---------- Supplied material

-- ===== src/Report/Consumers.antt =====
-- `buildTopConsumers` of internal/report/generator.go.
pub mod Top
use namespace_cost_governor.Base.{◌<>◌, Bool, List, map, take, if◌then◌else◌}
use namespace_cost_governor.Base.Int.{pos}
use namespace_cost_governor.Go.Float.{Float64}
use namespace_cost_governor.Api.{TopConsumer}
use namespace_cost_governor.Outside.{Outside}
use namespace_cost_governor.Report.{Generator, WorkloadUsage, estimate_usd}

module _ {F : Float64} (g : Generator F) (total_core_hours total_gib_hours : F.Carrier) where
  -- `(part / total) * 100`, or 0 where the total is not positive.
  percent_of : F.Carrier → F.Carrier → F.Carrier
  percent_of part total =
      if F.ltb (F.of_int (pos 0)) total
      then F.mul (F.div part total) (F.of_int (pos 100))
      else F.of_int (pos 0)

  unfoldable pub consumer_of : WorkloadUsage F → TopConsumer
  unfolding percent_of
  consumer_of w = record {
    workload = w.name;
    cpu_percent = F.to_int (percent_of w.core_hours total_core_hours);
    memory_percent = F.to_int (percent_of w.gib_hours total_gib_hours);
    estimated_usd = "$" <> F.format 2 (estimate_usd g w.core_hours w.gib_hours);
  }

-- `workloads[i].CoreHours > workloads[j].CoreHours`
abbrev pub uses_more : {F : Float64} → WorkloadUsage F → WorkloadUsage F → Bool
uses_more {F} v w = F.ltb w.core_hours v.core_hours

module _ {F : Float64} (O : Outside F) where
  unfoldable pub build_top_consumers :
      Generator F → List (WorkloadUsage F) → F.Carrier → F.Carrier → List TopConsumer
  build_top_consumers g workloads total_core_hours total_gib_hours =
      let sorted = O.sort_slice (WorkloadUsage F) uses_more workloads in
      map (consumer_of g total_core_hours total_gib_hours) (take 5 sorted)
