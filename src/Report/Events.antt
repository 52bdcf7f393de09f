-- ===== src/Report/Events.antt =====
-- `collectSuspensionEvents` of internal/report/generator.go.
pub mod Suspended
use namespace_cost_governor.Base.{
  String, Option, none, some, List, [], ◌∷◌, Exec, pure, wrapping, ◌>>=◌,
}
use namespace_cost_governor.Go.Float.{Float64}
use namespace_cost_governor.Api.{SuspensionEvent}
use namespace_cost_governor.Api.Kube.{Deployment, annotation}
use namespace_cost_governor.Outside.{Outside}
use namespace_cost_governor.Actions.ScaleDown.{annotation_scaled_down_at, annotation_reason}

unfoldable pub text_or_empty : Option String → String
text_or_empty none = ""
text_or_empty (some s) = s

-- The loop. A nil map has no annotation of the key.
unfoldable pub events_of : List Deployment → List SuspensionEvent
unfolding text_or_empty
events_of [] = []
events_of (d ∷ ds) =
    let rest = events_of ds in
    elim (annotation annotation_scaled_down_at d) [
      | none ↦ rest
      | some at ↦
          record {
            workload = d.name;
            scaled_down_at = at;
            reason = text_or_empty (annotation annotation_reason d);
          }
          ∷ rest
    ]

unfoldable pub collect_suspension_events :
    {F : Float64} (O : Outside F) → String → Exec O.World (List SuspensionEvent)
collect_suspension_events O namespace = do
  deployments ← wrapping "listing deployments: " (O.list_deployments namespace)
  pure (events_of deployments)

--------------------

**Your instructions**
Nothing in the entries above should differ when you return them in full.

**Your solution**
-- ===== src/Report/Consumers.antt =====
-- `buildTopConsumers` of internal/report/generator.go.
pub mod Top
use namespace_cost_governor.Base.{◌<>◌, Bool, List, map, take, if◌then◌else◌}
use namespace_cost_governor.Base.Int.{pos}
use namespace_cost_governor.Go.Float.{Float64}
use namespace_cost_governor.Api.{TopConsumer}
use namespace_cost_governor.Outside.{Outside}
use namespace_cost_governor.Report.{Generator, WorkloadUsage, estimate_usd}

module _ {F : Float64} (g : Generator F) (total_core_hours total_gib_hours : F.Carrier) where
  -- `(part / total) * 100`, or 0 where the total is not positive.
  percent_of : F.Carrier → F.Carrier → F.Carrier
  percent_of part total =
      if F.ltb (F.of_int (pos 0)) total
      then F.mul (F.div part total) (F.of_int (pos 100))
      else F.of_int (pos 0)

  unfoldable pub consumer_of : WorkloadUsage F → TopConsumer
  unfolding percent_of
  consumer_of w = record {
    workload = w.name;
    cpu_percent = F.to_int (percent_of w.core_hours total_core_hours);
    memory_percent = F.to_int (percent_of w.gib_hours total_gib_hours);
    estimated_usd = "$" <> F.format 2 (estimate_usd g w.core_hours w.gib_hours);
  }

-- `workloads[i].CoreHours > workloads[j].CoreHours`
abbrev pub uses_more : {F : Float64} → WorkloadUsage F → WorkloadUsage F → Bool
uses_more {F} v w = F.ltb w.core_hours v.core_hours

module _ {F : Float64} (O : Outside F) where
  unfoldable pub build_top_consumers :
      Generator F → List (WorkloadUsage F) → F.Carrier → F.Carrier → List TopConsumer
  build_top_consumers g workloads total_core_hours total_gib_hours =
      let sorted = O.sort_slice (WorkloadUsage F) uses_more workloads in
      map (consumer_of g total_core_hours total_gib_hours) (take 5 sorted)
filename src/Report/Events.antt
repository 52bdcf7f393de09f
-- ===== src/Report/Events.antt =====
-- `collectSuspensionEvents` of internal/report/generator.go.
pub mod Suspended
use namespace_cost_governor.Base.{
  String, Option, none, some, List, [], ◌∷◌, Exec, pure, wrapping, ◌>>=◌,
}
use namespace_cost_governor.Go.Float.{Float64}
use namespace_cost_governor.Api.{SuspensionEvent}
use namespace_cost_governor.Api.Kube.{Deployment, annotation}
use namespace_cost_governor.Outside.{Outside}
use namespace_cost_governor.Actions.ScaleDown.{annotation_scaled_down_at, annotation_reason}

unfoldable pub text_or_empty : Option String → String
text_or_empty none = ""
text_or_empty (some s) = s

-- The loop. A nil map has no annotation of the key.
unfoldable pub events_of : List Deployment → List SuspensionEvent
unfolding text_or_empty
events_of [] = []
events_of (d ∷ ds) =
    let rest = events_of ds in
    elim (annotation annotation_scaled_down_at d) [
      | none ↦ rest
      | some at ↦
          record {
            workload = d.name;
            scaled_down_at = at;
            reason = text_or_empty (annotation annotation_reason d);
          }
          ∷ rest
    ]

unfoldable pub collect_suspension_events :
    {F : Float64} (O : Outside F) → String → Exec O.World (List SuspensionEvent)
collect_suspension_events O namespace = do
  deployments ← wrapping "listing deployments: " (O.list_deployments namespace)
  pure (events_of deployments)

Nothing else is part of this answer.